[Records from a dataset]
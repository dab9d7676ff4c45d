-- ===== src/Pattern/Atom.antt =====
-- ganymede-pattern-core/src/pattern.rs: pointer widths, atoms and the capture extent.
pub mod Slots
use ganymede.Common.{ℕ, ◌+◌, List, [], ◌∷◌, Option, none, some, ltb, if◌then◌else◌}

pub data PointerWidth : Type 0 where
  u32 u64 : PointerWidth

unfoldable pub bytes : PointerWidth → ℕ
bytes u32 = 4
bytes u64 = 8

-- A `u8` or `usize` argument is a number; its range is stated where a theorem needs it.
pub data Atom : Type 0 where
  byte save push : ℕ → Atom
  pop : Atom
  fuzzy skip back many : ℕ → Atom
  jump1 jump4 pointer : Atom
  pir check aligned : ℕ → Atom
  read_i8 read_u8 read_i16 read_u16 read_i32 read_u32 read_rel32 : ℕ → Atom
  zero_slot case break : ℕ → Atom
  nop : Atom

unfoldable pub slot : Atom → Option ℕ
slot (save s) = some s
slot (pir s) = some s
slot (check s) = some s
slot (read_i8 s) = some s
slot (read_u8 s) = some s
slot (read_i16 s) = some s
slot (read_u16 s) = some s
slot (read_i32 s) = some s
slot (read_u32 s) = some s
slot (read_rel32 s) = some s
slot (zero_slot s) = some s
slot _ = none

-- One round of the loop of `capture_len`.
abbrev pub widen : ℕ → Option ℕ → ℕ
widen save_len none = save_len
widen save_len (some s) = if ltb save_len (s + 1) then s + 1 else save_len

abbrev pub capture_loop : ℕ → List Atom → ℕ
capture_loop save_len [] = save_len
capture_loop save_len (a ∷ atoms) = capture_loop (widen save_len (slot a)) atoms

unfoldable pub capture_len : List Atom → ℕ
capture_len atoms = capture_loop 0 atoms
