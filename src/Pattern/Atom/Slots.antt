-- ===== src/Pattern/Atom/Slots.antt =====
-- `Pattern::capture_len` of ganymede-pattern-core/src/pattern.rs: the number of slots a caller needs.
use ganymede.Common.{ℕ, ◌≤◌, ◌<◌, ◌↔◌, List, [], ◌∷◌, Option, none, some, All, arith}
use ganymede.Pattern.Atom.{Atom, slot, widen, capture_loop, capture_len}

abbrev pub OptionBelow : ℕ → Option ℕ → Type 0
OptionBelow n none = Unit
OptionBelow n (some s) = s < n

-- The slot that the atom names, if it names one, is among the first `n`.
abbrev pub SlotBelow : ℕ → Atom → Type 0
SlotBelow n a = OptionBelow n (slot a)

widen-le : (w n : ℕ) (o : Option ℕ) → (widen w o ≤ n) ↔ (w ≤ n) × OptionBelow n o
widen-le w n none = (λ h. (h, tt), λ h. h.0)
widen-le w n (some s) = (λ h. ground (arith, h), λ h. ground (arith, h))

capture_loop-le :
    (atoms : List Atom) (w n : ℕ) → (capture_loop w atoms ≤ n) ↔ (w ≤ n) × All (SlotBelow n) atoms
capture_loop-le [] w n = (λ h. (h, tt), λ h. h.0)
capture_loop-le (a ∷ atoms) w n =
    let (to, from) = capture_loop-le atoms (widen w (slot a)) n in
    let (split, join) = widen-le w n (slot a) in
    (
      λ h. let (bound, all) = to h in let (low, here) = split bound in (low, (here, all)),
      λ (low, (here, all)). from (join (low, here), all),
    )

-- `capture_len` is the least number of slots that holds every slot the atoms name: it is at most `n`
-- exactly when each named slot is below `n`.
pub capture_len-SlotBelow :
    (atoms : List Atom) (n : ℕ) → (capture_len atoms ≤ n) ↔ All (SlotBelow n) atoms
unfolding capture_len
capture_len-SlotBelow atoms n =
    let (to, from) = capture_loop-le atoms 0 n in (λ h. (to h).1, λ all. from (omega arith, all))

Problem requirements
Return, with no change at all, every line in the entries above from the line containing "capture_loop save_len (a" through the line containing "λ h. let (bound, all)".

Task result
capture_loop save_len (a ∷ atoms) = capture_loop (widen save_len (slot a)) atoms

unfoldable pub capture_len : List Atom → ℕ
capture_len atoms = capture_loop 0 atoms
filename src/Pattern/Atom/Slots.antt
-- ===== src/Pattern/Atom/Slots.antt =====
-- `Pattern::capture_len` of ganymede-pattern-core/src/pattern.rs: the number of slots a caller needs.
use ganymede.Common.{ℕ, ◌≤◌, ◌<◌, ◌↔◌, List, [], ◌∷◌, Option, none, some, All, arith}
use ganymede.Pattern.Atom.{Atom, slot, widen, capture_loop, capture_len}

abbrev pub OptionBelow : ℕ → Option ℕ → Type 0
OptionBelow n none = Unit
OptionBelow n (some s) = s < n

-- The slot that the atom names, if it names one, is among the first `n`.
abbrev pub SlotBelow : ℕ → Atom → Type 0
SlotBelow n a = OptionBelow n (slot a)

widen-le : (w n : ℕ) (o : Option ℕ) → (widen w o ≤ n) ↔ (w ≤ n) × OptionBelow n o
widen-le w n none = (λ h. (h, tt), λ h. h.0)
widen-le w n (some s) = (λ h. ground (arith, h), λ h. ground (arith, h))

capture_loop-le :
    (atoms : List Atom) (w n : ℕ) → (capture_loop w atoms ≤ n) ↔ (w ≤ n) × All (SlotBelow n) atoms
capture_loop-le [] w n = (λ h. (h, tt), λ h. h.0)
capture_loop-le (a ∷ atoms) w n =
    let (to, from) = capture_loop-le atoms (widen w (slot a)) n in
    let (split, join) = widen-le w n (slot a) in
    (
      λ h. let (bound, all) = to h in let (low, here) = split bound in (low, (here, all)),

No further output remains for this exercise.